(Excerpted records)

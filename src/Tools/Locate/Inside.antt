-- ===== src/Tools/Locate/Inside.antt =====
-- A break duration that is found starts inside the section, or where it ends.
use Prim.Native.String.{String}
use rust_pois.Prelude.{
  ℕ, zero, suc, ◌/◌, ◌%◌, ◌≤◌, ◌≡◌, refl, ap, unwrap_or, Bool, true, false, some, arith, length,
  ◌!=◌, Bool-cases, inl, inr, Result, ok, err,
}
use rust_pois.Bits.{Bytes}
use rust_pois.Tools.Reader.{BitReader, new}
use rust_pois.Tools.Reader.Inside.{
  In, Inside, Inside-step, Inside-if, pure-Inside, read_u8-Inside, inside,
}
use rust_pois.Tools.Locate.{
  is_refused, skip_splice_time, skip_components, skip_to_break, seek_break_duration, found_break,
  locate_break_duration,
}

skip_splice_time-Inside : Inside skip_splice_time
unfolding skip_splice_time
skip_splice_time-Inside = search inside

skip_components-Inside : (immediate : Bool) (n : ℕ) → Inside (skip_components immediate n)
unfolding skip_components
skip_components-Inside immediate zero = pure-Inside tt
skip_components-Inside immediate (suc n) = Inside-step (read_u8-Inside 8) (λ _.
    Inside-step (Inside-if immediate (pure-Inside tt) skip_splice_time-Inside)
      (λ _. skip_components-Inside immediate n))

skip_to_break-Inside : Inside skip_to_break
unfolding skip_to_break
skip_to_break-Inside = search (inside, skip_splice_time-Inside, skip_components-Inside) depth 25

seek-Inside : Inside seek_break_duration
unfolding seek_break_duration
seek-Inside = search (inside, skip_to_break-Inside) depth 32

found-inside :
    (n : ℕ) (x : Result String Bool × BitReader) (bd : ℕ)
    → ((a : Bool) → x.0 ≡ ok a → In n x.1)
    → found_break x ≡ some bd
    → bd ≤ n
found-inside n (err s, r) bd h e = cc
found-inside n (ok false, r) bd h e = cc
found-inside n (ok true, r) bd h e = elim (Bool-cases (r.bitpos % 8 != 0)) [
  | inl c ↦ cc (let bad = rw c at e in bad)
  | inr c ↦
      let same : r.bitpos / 8 ≡ bd = ap (λ o. unwrap_or o bd) (rw c at e) in
      omega (arith, same, (h true refl).1)
]

pub locate_break_duration-inside :
    (bytes : Bytes) (bd : ℕ) → locate_break_duration bytes ≡ some bd → bd ≤ length bytes
unfolding locate_break_duration
locate_break_duration-inside bytes bd e = elim (Bool-cases (is_refused bytes)) [
  | inl c ↦ cc (let bad = rw c at e in bad)
  | inr c ↦
      found-inside (length bytes) (seek_break_duration (new bytes)) bd
        (λ a h. seek-Inside.stays (length bytes) (new bytes) a h (refl, omega arith)) (rw c at e)
]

(End Excerpted records)

Print nothing but the lines from the one containing "found-inside n (err s, r) bd h e = cc" through the end of the listing above, exactly as written.

found-inside n (err s, r) bd h e = cc
found-inside n (ok false, r) bd h e = cc
found-inside n (ok true, r) bd h e = elim (Bool-cases (r.bitpos % 8 != 0)) [
  | inl c ↦ cc (let bad = rw c at e in bad)
  | inr c ↦
      let same : r.bitpos / 8 ≡ bd = ap (λ o. unwrap_or o bd) (rw c at e) in
      omega (arith, same, (h true refl).1)
]

pub locate_break_duration-inside :
    (bytes : Bytes) (bd : ℕ) → locate_break_duration bytes ≡ some bd → bd ≤ length bytes
unfolding locate_break_duration
locate_break_duration-inside bytes bd e = elim (Bool-cases (is_refused bytes)) [
  | inl c ↦ cc (let bad = rw c at e in bad)
  | inr c ↦
      found-inside (length bytes) (seek_break_duration (new bytes)) bd
        (λ a h. seek-Inside.stays (length bytes) (new bytes) a h (refl, omega arith)) (rw c at e)
]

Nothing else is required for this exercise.